Friday, April 03, 2009

puttin on the TUX

As you all know, I've been picking at the user psychology and all the subtle inside feelings and mental wrestlings of making home in Linuxville. Easy for some, extremely hard for others. In this installment I present further propaganda, a photo of the whole country of Linuxville.........

Yeah, I am in there just left of center, wearing the black and white outfit, shades and waving.

In the technology realm, quite a lot depends on the hardware and I've been hammering you all with the display-less laptop as a desktop replacement. There have been many very inventive, even innovative computer configurations in the past few years, a few are making it into the marketplace. The shift in user preference is slow and entry prices for new hardware concepts are steep. But in this tight budget economy perhaps newness just requires incremental steps instead of huge leaps of techno-faith. I give you guitars as an example.........

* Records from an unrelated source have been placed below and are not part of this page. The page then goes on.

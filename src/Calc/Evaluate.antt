-- ===== src/Calc/Evaluate.antt =====
-- The calculator of apps/calc/main.c computes the value of a bracketed expression from its text.
use bitloader.Prelude.{
  List, [], ap, append-nil, arith, false, length, length-append, refl, suc, zero, ℕ, ◌++◌, ◌-◌, ◌<◌,
  ◌==◌, ◌∷◌, ◌≡◌, ◌≢◌, ◌≤◌,
}
use bitloader.Prelude.Run.{returns}
use bitloader.Strings.{isdigit}
use bitloader.Calc.Execute.{execute}
use bitloader.Calc.Tokens.{Digits, Sound, depth, show, tokens}
use bitloader.Calc.{
  CalcOperationType, Numbers, done, flush, op_add, op_div, op_mod, op_mul, op_sub, operator_to_char,
  parse_input, parse_loop, readable,
}
use bitloader.Calc.Machine.{Expr, execute-postfix, need, number, operation, postfix, value}
use bitloader.Calc.Parser.{parse-show}

abbrev NonZero : List ℕ → Type 0
NonZero [] = Unit
NonZero (c ∷ cs) = (c ≢ 0) × NonZero cs

NonZero-append : (xs ys : List ℕ) → NonZero xs → NonZero ys → NonZero (xs ++ ys)
NonZero-append [] ys hx hy = hy
NonZero-append (x ∷ xs) ys hx hy = (hx.0, NonZero-append xs ys hx.1 hy)

readable-text :
    (cs after : List ℕ) (n : ℕ) → NonZero cs → length cs ≤ n → readable (cs ++ (0 ∷ after)) n ≡ cs
readable-text [] after zero h enough = refl
readable-text [] after (suc n) h enough = refl
readable-text (c ∷ cs) after zero h enough = absurd (omega arith)
readable-text (c ∷ cs) after (suc n) h enough =
    let more : (c == 0) ≡ false = ground arith in
    rw more (ap (λ r. c ∷ r) (readable-text cs after n h.1 (omega arith)))

Digits-NonZero : (ds : List ℕ) → Digits ds → NonZero ds
unfolding isdigit
Digits-NonZero [] h = tt
Digits-NonZero (d ∷ ds) h = (ground arith, Digits-NonZero ds h.1)

operator-nonzero : (op : CalcOperationType) → operator_to_char op ≢ 0
unfolding operator_to_char
operator-nonzero op_add e = absurd (omega (arith, e))
operator-nonzero op_sub e = absurd (omega (arith, e))
operator-nonzero op_mul e = absurd (omega (arith, e))
operator-nonzero op_div e = absurd (omega (arith, e))
operator-nonzero op_mod e = absurd (omega (arith, e))

bracket-nonzero : (c : ℕ) → 0 < c → c ≢ 0
bracket-nonzero c h e = absurd (omega (arith, e))

show-NonZero : (e : Expr) → Sound e → NonZero (show e)
show-NonZero (number ds) sound = Digits-NonZero ds sound.0
show-NonZero (operation op a b) sound = (
  bracket-nonzero b'(' (omega arith),
  NonZero-append (show a) (operator_to_char op ∷ (show b ++ (b')' ∷ []))) (show-NonZero a sound.0) (
    operator-nonzero op,
    NonZero-append (show b) (b')' ∷ []) (show-NonZero b sound.1)
        (bracket-nonzero b')' (omega arith), tt),
  ),
)

tokens-show : (e : Expr) → Sound e → tokens e ≤ length (show e)
tokens-show (number ds) sound = omega (arith, sound.1)
tokens-show (operation op a b) sound = omega (
  arith,
  tokens-show a sound.0,
  tokens-show b sound.1,
  length-append (show a) (operator_to_char op ∷ (show b ++ (b')' ∷ []))),
  length-append (show b) (b')' ∷ []),
)

-- On fully bracketed expressions `parse_input` turns the text, up to its NUL, into the expression's
-- postfix order without an error, and `execute` computes from that the expression's value by the meaning of
-- `+`, `-`, `*` and `/`, where a part `a % b` counts as -99999999 whatever `a` and `b` are. The
-- numbers have at most 49 digits and no point, the output buffer holds the whole postfix order, the
-- brackets are at most 50 deep, and 50 numbers at once are enough.
pub parse_input-execute :
    {N : Type 0} (nums : Numbers N) (e : Expr) (after : List ℕ) (len max_len : ℕ)
    → Sound e
    → length (show e) ≤ len
    → length (postfix nums e) ≤ max_len
    → depth e ≤ 50
    → need nums e ≤ 50
    → (parse_input nums (show e ++ (0 ∷ after)) len max_len ≡ returns (done (postfix nums e)))
      × (execute nums (postfix nums e) ≡ returns (done (value nums e)))
unfolding parse_input parse_loop flush
parse_input-execute nums e after len max_len sound fits room low few =
    let extra = length (show e) - tokens e in
    (
      rw (readable-text (show e) after len (show-NonZero e sound) fits) (
          rw (← append-nil (show e)) (
            parse-show nums max_len e [] [] [] extra (length (show e ++ [])) sound tt
              (omega (arith, room)) (omega (arith, low))
              (omega (arith, length-append (show e) [], tokens-show e sound)))),
      execute-postfix nums e few,
    )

Top left we have the classical guitar, next Les Paul (today's standard), then an attempt to fulfill every guitar players dream (to play it all). On the bottom is the Chapman Stick. If you haven't heard of Emmit Chapman's Stick, go get your Google search working. Guitars go step by step and the GUI part is the same. So in computers I want something next step like, not radical and pricey. The standard case PC is being over taken by laptops, but the portability aspect is over played. Full-sized keyboard comfort yet laptop technology and oh man, that detached display is the way to go. I really don't have to carry a computer everywhere I go, or want to.

Hey! Don't force me to use car examples! OK! As much as I admire foreign cars here in America, they did not make sense until they made a mid-size car. This is because we like roominess not tight and efficient cars. We also don't all like aerodynamic shapes and so while going back and forth between truck profiles and bullet-like sports cars the cross-over hybrid van like sedan became very popular. I my self like that Dodge Caliber, not too small or too big, it looks like it has muscles and carries people without folding them first. And 30 mpg is not bad either, that's better than my present Chevy.

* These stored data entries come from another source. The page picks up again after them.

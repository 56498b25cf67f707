-- ===== src/Calc/Tests.antt =====
-- The calculator at a small expression, and its stack behind an extra bracket.
use bitloader.Prelude.{List, [], arith, refl, ℕ, ◌*◌, ◌++◌, ◌+◌, ◌-◌, ◌/◌, ◌∷◌, ◌≡◌}
use bitloader.Prelude.Run.{fault, returns}
use bitloader.Strings.{isdigit}
use bitloader.Calc.Execute.{execute}
use bitloader.Calc.Tokens.{Sound, show}
use bitloader.Calc.{
  Numbers, calc_expr_get_operator_precedence, done, flush, get_operator_precedence,
  make_expr_op_from_char, op_add, op_mul, op_sub, parse_char, parse_digits, parse_input, parse_loop,
  pop_operators, pop_to_bracket, take_number,
}
use bitloader.Calc.Machine.{Expr, number, operation, postfix}
use bitloader.Calc.Evaluate.{parse_input-execute}

abbrev decimal : List ℕ → ℕ → ℕ
decimal [] n = n
decimal (d ∷ ds) n = decimal ds (n * 10 + (d - b'0'))

abbrev whole_numbers : Numbers ℕ
whole_numbers = record {
  parse_number = λ ds. decimal ds 0;
  add = λ a b. a + b;
  sub = λ a b. a - b;
  mul = λ a b. a * b;
  div = λ a b. a / b;
  no_mod = 0;
}

-- (12*(3+4))
abbrev twelve_sevens : Expr
twelve_sevens =
    operation op_mul (number (b'1' ∷ b'2' ∷ []))
      (operation op_add (number (b'3' ∷ [])) (number (b'4' ∷ [])))

twelve_sevens-Sound : Sound twelve_sevens
unfolding isdigit
twelve_sevens-Sound = (
  ((refl, (refl, tt)), omega arith, omega arith),
  (((refl, tt), omega arith, omega arith), ((refl, tt), omega arith, omega arith)),
)

parse_input-execute_example :
    (parse_input whole_numbers (show twelve_sevens ++ (0 ∷ b'!' ∷ [])) 255 100
      ≡ returns (done (postfix whole_numbers twelve_sevens)))
    × (execute whole_numbers (postfix whole_numbers twelve_sevens) ≡ returns (done 84))
parse_input-execute_example =
    parse_input-execute whole_numbers twelve_sevens (b'!' ∷ []) 255 100 twelve_sevens-Sound
      (omega arith) (omega arith) (omega arith) (omega arith)

-- A closing bracket without a partner leaves the stack's offset below its start: the `(` that
-- follows is stored in front of the stack.
unmatched_bracket : parse_input whole_numbers (b')' ∷ b'(' ∷ []) 255 100 ≡ fault
unfolding parse_input parse_loop parse_char pop_to_bracket isdigit
unmatched_bracket = refl

-- Operators of equal precedence group to the left: 8-2-1 is (8-2)-1.
left_to_right :
    parse_input whole_numbers (b'8' ∷ b'-' ∷ b'2' ∷ b'-' ∷ b'1' ∷ []) 255 100
    ≡ returns (
        done (
          postfix whole_numbers (
            operation op_sub
              (operation op_sub (number (b'8' ∷ [])) (number (b'2' ∷ [])))
              (number (b'1' ∷ [])))))
unfolding parse_input parse_loop parse_char parse_digits take_number pop_operators flush isdigit
    make_expr_op_from_char get_operator_precedence calc_expr_get_operator_precedence
left_to_right = refl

So, why would you play a Chapman Stick when everybody understands a regular guitar? The creative avenues are wide open. It is the same with Linux, the creative avenues are wide open. You can do the same old stuff and/or go beyond, take the next step.

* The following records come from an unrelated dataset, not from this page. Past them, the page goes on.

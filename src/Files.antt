-- ===== src/Files.antt =====
-- kernel/filesystem/estros-fs.c: where the blocks of a file lie on the disk. The disk is blocks of
-- 256 pointers, which the harddrive's VFS file reads and writes; data blocks are such blocks too.
pub mod RoundTrip
pub mod Inodes
pub mod OpenFile
pub mod WordBytes
pub mod WriteDisk
pub mod WriteThrough
pub mod ReadBack
pub mod ReadDisk
pub mod Seek
pub mod Directory
mod Tests
mod FileTests
use bitloader.Prelude.{
  Bool, List, Option, [], if◌then◌else◌, ltb, none, some, suc, zero, ℕ, ◌%◌, ◌*◌, ◌+◌, ◌-◌, ◌/◌,
  ◌==◌, ◌^◌, ◌||◌, ◌∷◌,
}

abbrev pub block_size : ℕ
block_size = 1024

abbrev pub ptrs_per_block : ℕ
ptrs_per_block = 256

abbrev pub num_direct_blocks : ℕ
num_direct_blocks = 10

abbrev pub single_indirect_index : ℕ
single_indirect_index = 10

abbrev pub double_indirect_index : ℕ
double_indirect_index = 11

abbrev pub triple_indirect_index : ℕ
triple_indirect_index = 12

abbrev pub Block : Type 0
Block = ℕ → ℕ

abbrev pub Disk : Type 0
Disk = ℕ → Block

-- `vfs_seek(harddrive, n * BLOCK_SIZE, VFS_BEG)`: the byte offset has 32 bits.
abbrev pub place : ℕ → ℕ
place n = n % 2 ^ 22

abbrev pub read_block : Disk → ℕ → Block
read_block disk n = disk (place n)

abbrev pub write_block : ℕ → Block → Disk → Disk
write_block n b disk m = if m == place n then b else disk m

abbrev pub set_ptr : ℕ → ℕ → (ℕ → ℕ) → ℕ → ℕ
set_ptr i v b j = if j == i then v else b j

-- The entries of the single, double and triple indirect blocks.
unfoldable pub find_single : Disk → (ℕ → ℕ) → ℕ → ℕ
find_single disk blocks index = read_block disk (blocks single_indirect_index) index

unfoldable pub find_double : Disk → (ℕ → ℕ) → ℕ → ℕ
find_double disk blocks index =
    read_block disk (read_block disk (blocks double_indirect_index) (index / ptrs_per_block))
      (index % ptrs_per_block)

unfoldable pub find_triple : Disk → (ℕ → ℕ) → ℕ → ℕ
find_triple disk blocks index =
    let l1 = index / (ptrs_per_block * ptrs_per_block) in
    let l2 = index / ptrs_per_block % ptrs_per_block in
    let double = read_block disk (blocks triple_indirect_index) l1 in
    read_block disk (read_block disk double l2) (index % ptrs_per_block)

-- The real block of a file's block `block_n`, by the 13 entries of its inode.
unfoldable pub find_block : Disk → (ℕ → ℕ) → ℕ → ℕ
find_block disk blocks block_n =
    let n1 = ptrs_per_block in
    let n2 = ptrs_per_block * ptrs_per_block in
    if ltb block_n num_direct_blocks
    then blocks block_n
    else if ltb block_n (num_direct_blocks + n1)
    then find_single disk blocks (block_n - num_direct_blocks)
    else if ltb block_n (num_direct_blocks + n1 + n2)
    then find_double disk blocks (block_n - num_direct_blocks - n1)
    else find_triple disk blocks (block_n - num_direct_blocks - n1 - n2)

abbrev pub no_block : ℕ → Bool
no_block real = real == 0 || real == 0xffff_ffff

-- `n` blocks are left to load, and `i` are there. A block that is missing ends the loop; the
-- buffer holds the ones before.
unfoldable pub load_loop : Disk → (ℕ → ℕ) → ℕ → ℕ → ℕ → List Block
load_loop disk blocks pos zero i = []
load_loop disk blocks pos (suc n) i =
    let real = find_block disk blocks ((pos + i * block_size) % 2 ^ 32 / block_size) in
    let rest = load_loop disk blocks pos n (i + 1) in
    if no_block real then [] else read_block disk real ∷ rest

-- The blocks loaded, or NULL where the first one is missing.
pub harddrive_load_blocks : Disk → (ℕ → ℕ) → ℕ → ℕ → Option (List Block)
harddrive_load_blocks disk blocks pos num_blocks =
    let loaded = load_loop disk blocks pos num_blocks 0 in
    if num_blocks == 0 then some [] else elim loaded [ [] ↦ none | b ∷ bs ↦ some (b ∷ bs) ]

-- The disk, and the fields of `super_block` in memory.
pub record FileSystem : Type 0 where
  pub disk : Disk
  pub n_blocks : ℕ
  pub n_inodes : ℕ
  pub root_inode : ℕ

-- The super block is written back too; its sector is none of the file system's blocks here.
abbrev pub alloc_block : FileSystem → ℕ × FileSystem
alloc_block fs = (fs.n_blocks, record fs { n_blocks = (fs.n_blocks + 1) % 2 ^ 32 })

abbrev pub alloc_inode : FileSystem → ℕ × FileSystem
alloc_inode fs = (fs.n_inodes, record fs { n_inodes = (fs.n_inodes + 1) % 2 ^ 32 })

-- `if (*entry == 0) *entry = alloc_block();`
unfoldable pub alloc_if_zero : ℕ → FileSystem → ℕ × FileSystem
alloc_if_zero entry fs = if entry == 0 then alloc_block fs else (entry, fs)

-- A pointer block's entry, which is allocated and written back where it is 0.
unfoldable pub alloc_ptr : ℕ → ℕ → FileSystem → ℕ × FileSystem
alloc_ptr block index fs =
    let ptrs = read_block fs.disk block in
    let a = alloc_block fs in
    if ptrs index == 0
    then (a.0, record a.1 { disk = write_block block (set_ptr index a.0 ptrs) fs.disk })
    else (ptrs index, fs)

abbrev pub Made : Type 0
Made = ℕ × (ℕ → ℕ) × FileSystem

unfoldable pub make_direct : (ℕ → ℕ) → ℕ → FileSystem → Made
make_direct blocks block_n fs =
    let a = alloc_if_zero (blocks block_n) fs in (a.0, set_ptr block_n a.0 blocks, a.1)

unfoldable pub make_single : (ℕ → ℕ) → ℕ → FileSystem → Made
make_single blocks index fs =
    let a = alloc_if_zero (blocks single_indirect_index) fs in
    let b = alloc_ptr a.0 index a.1 in (b.0, set_ptr single_indirect_index a.0 blocks, b.1)

unfoldable pub make_double : (ℕ → ℕ) → ℕ → FileSystem → Made
make_double blocks index fs =
    let a = alloc_if_zero (blocks double_indirect_index) fs in
    let b = alloc_ptr a.0 (index / ptrs_per_block) a.1 in
    let c = alloc_ptr b.0 (index % ptrs_per_block) b.1 in
    (c.0, set_ptr double_indirect_index a.0 blocks, c.1)

-- The real block for a file's block, made where it is missing; the entries of the inode then. Blocks
-- that only the triple indirect entry could reach are not made.
unfoldable pub make_block : (ℕ → ℕ) → ℕ → FileSystem → Made
make_block blocks block_n fs =
    let n1 = ptrs_per_block in
    let n2 = ptrs_per_block * ptrs_per_block in
    if ltb block_n num_direct_blocks
    then make_direct blocks block_n fs
    else if ltb block_n (num_direct_blocks + n1)
    then make_single blocks (block_n - num_direct_blocks) fs
    else if ltb block_n (num_direct_blocks + n1 + n2)
    then make_double blocks (block_n - num_direct_blocks - n1) fs
    else (0xffff_ffff, blocks, fs)

-- The blocks of the buffer that are left, `i` of them written.
unfoldable pub write_loop : List Block → (ℕ → ℕ) → ℕ → ℕ → FileSystem → (ℕ → ℕ) × FileSystem
write_loop [] blocks pos i fs = (blocks, fs)
write_loop (b ∷ bs) blocks pos i fs =
    let made = make_block blocks ((pos + i * block_size) % 2 ^ 32 / block_size) fs in
    let rest =
      write_loop bs made.1 pos (i + 1)
        (record made.2 { disk = write_block made.0 b made.2.disk }) in
    if no_block made.0 then (made.1, made.2) else rest

pub harddrive_write_blocks : List Block → (ℕ → ℕ) → ℕ → FileSystem → (ℕ → ℕ) × FileSystem
harddrive_write_blocks buffer blocks pos fs = write_loop buffer blocks pos 0 fs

Speaking of creative avenues, will someone please inform the library folks that the 30+ Photoshop books in the computer section and the 30+ Photoshop books in the photography section are all about the same thing, Photoshop. And the books on computer illustration, drawing and painting are few if any. Libraries should be getting books to help folks learn stuff, not books by professionals selling glorified portfolios. GIMP, the GNU Image Manipulation Program is free and useful for any computer art/photo work and by everyone. Learning GIMP is no harder than Photoshop or any other artist software. GIMP being free makes it accessible to everyone just like library books themselves. If I had to pay to get into the library, I would save my money. Why a library would have 60+ Photoshop books and no GIMP books is madness and ignorance.

The above expression of disillusioned rage is typical among Linux fans who enjoy the comfort of holding a printed book on Linux or Open Source Software subjects. If it were not for internet info sites, we'd be out in mass, looking much like the first picture in this post.